Stored data entries
#####
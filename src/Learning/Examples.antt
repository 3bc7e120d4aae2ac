-- ===== src/Learning/Examples.antt =====
-- A learning plan for one demanded skill, its review, and a checkpoint from before there were versions.
use careerops_agent.Shared.{
  ◌≡◌, ◌⊎◌, refl, String, true, false, none, some, [], ◌∷◌, ok, value_error,
}
use careerops_agent.Context.Task.{PlannedTask}
use careerops_agent.Jobs.Rows.{JobDb, RequirementType}
use careerops_agent.Http.Responses.{reply, http_error}
use careerops_agent.Learning.Graph.{
  LearningSnapshot, start_learning_graph, resume_learning_graph, resume_review,
  invoke_learning_graph, first_learning_state,
}
use careerops_agent.Learning.Graph.Approved.{
  IsThread, starts, resumes, at_first, later, Reaches-IsThread, resume_learning_graph_once,
}
use careerops_agent.Learning.Routes.{LearningStore, resume_agent_learning_graph}
use careerops_agent.Learning.Routes.Settled.{IsReviewed, resume_agent_learning_graph-IsReviewed}

abbrev jobs : JobDb
jobs = record {
  jobs = [];
  archives = [];
  skills = record { id = 1; name = "MCP"; category = "agent_harness"; aliases = none } ∷ [];
  requirements =
      record {
        id = 1;
        job_id = 7;
        skill_id = 1;
        importance = 5;
        requirement_type = RequirementType.required;
        evidence_text = "MCP";
      }
      ∷ [];
}

abbrev task : PlannedTask
task = record {
  id = 4;
  goal_contract_id = 1;
  title = "learn";
  user_goal = "a job";
  constraints = [];
  success_criteria = "a plan" ∷ [];
  plan_steps = [];
}

abbrev waiting : LearningSnapshot
waiting = invoke_learning_graph jobs (first_learning_state task)

abbrev completed : LearningSnapshot
completed = resume_review true none waiting.values

start_returns : start_learning_graph jobs task none ≡ ok waiting
unfolding start_learning_graph
start_returns = refl

resume_returns : resume_learning_graph true none (some waiting) ≡ ok completed
unfolding resume_learning_graph invoke_learning_graph first_learning_state
resume_returns = refl

Reaches-IsThread_example : IsThread (some completed)
Reaches-IsThread_example =
    Reaches-IsThread task none tt
      (later (later at_first (starts jobs start_returns)) (resumes true none resume_returns))

resume_learning_graph_once_example :
    resume_learning_graph false none (some completed)
    ≡ value_error "learning graph is not waiting for approval"
resume_learning_graph_once_example =
    resume_learning_graph_once true false none none (some waiting) resume_returns

abbrev store : LearningStore
store = record {
  current = some waiting;
  status = "waiting_for_approval";
  completed_at = none;
  memories = [];
  traces = [];
}

waiting-IsThread : IsThread (some waiting)
waiting-IsThread = Reaches-IsThread task none tt (later at_first (starts jobs start_returns))

resume_agent_learning_graph-IsReviewed_example :
    (let answer = resume_agent_learning_graph 9 (some task) true none store in
      ((s : LearningSnapshot) × (answer.0 ≡ reply s) × IsReviewed 9 4 true store answer.1 s)
      ⊎ ((detail : String) × (answer.0 ≡ http_error 409 detail) × (answer.1 ≡ store)))
resume_agent_learning_graph-IsReviewed_example =
    resume_agent_learning_graph-IsReviewed 9 task true none store waiting-IsThread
#####
* **What is required**:
Copy the data exactly. Leave nothing out.

* **Result**:
filename src/Learning/Examples.antt
repository 3bc7e120d4aae2ac
-- ===== src/Learning/Examples.antt =====
-- A learning plan for one demanded skill, its review, and a checkpoint from before there were versions.
use careerops_agent.Shared.{
  ◌≡◌, ◌⊎◌, refl, String, true, false, none, some, [], ◌∷◌, ok, value_error,
}
use careerops_agent.Context.Task.{PlannedTask}
use careerops_agent.Jobs.Rows.{JobDb, RequirementType}
use careerops_agent.Http.Responses.{reply, http_error}
use careerops_agent.Learning.Graph.{
  LearningSnapshot, start_learning_graph, resume_learning_graph, resume_review,
  invoke_learning_graph, first_learning_state,
}
use careerops_agent.Learning.Graph.Approved.{
  IsThread, starts, resumes, at_first, later, Reaches-IsThread, resume_learning_graph_once,
}
use careerops_agent.Learning.Routes.{LearningStore, resume_agent_learning_graph}
use careerops_agent.Learning.Routes.Settled.{IsReviewed, resume_agent_learning_graph-IsReviewed}

abbrev jobs : JobDb
jobs = record {
  jobs = [];
  archives = [];
  skills = record { id = 1; name = "MCP"; category = "agent_harness"; aliases = none } ∷ [];
  requirements =
      record {
        id = 1;
        job_id = 7;
        skill_id = 1;
        importance = 5;
        requirement_type = RequirementType.required;
        evidence_text = "MCP";
      }
      ∷ [];
}

abbrev task : PlannedTask
task = record {
  id = 4;
  goal_contract_id = 1;
  title = "learn";
  user_goal = "a job";
  constraints = [];
  success_criteria = "a plan" ∷ [];
  plan_steps = [];
}

abbrev waiting : LearningSnapshot
waiting = invoke_learning_graph jobs (first_learning_state task)

abbrev completed : LearningSnapshot
completed = resume_review true none waiting.values

start_returns : start_learning_graph jobs task none ≡ ok waiting
unfolding start_learning_graph
start_returns = refl

resume_returns : resume_learning_graph true none (some waiting) ≡ ok completed
unfolding resume_learning_graph invoke_learning_graph first_learning_state
resume_returns = refl

Reaches-IsThread_example : IsThread (some completed)
Reaches-IsThread_example =
    Reaches-IsThread task none tt
      (later (later at_first (starts jobs start_returns)) (resumes true none resume_returns))

resume_learning_graph_once_example :
    resume_learning_graph false none (some completed)
    ≡ value_error "learning graph is not waiting for approval"
resume_learning_graph_once_example =
    resume_learning_graph_once true false none none (some waiting) resume_returns

abbrev store : LearningStore
store = record {
  current = some waiting;
  status = "waiting_for_approval";
  completed_at = none;
  memories = [];
  traces = [];
}

waiting-IsThread : IsThread (some waiting)
waiting-IsThread = Reaches-IsThread task none tt (later at_first (starts jobs start_returns))

resume_agent_learning_graph-IsReviewed_example :
    (let answer = resume_agent_learning_graph 9 (some task) true none store in
      ((s : LearningSnapshot) × (answer.0 ≡ reply s) × IsReviewed 9 4 true store answer.1 s)
      ⊎ ((detail : String) × (answer.0 ≡ http_error 409 detail) × (answer.1 ≡ store)))
resume_agent_learning_graph-IsReviewed_example =
    resume_agent_learning_graph-IsReviewed 9 task true none store waiting-IsThread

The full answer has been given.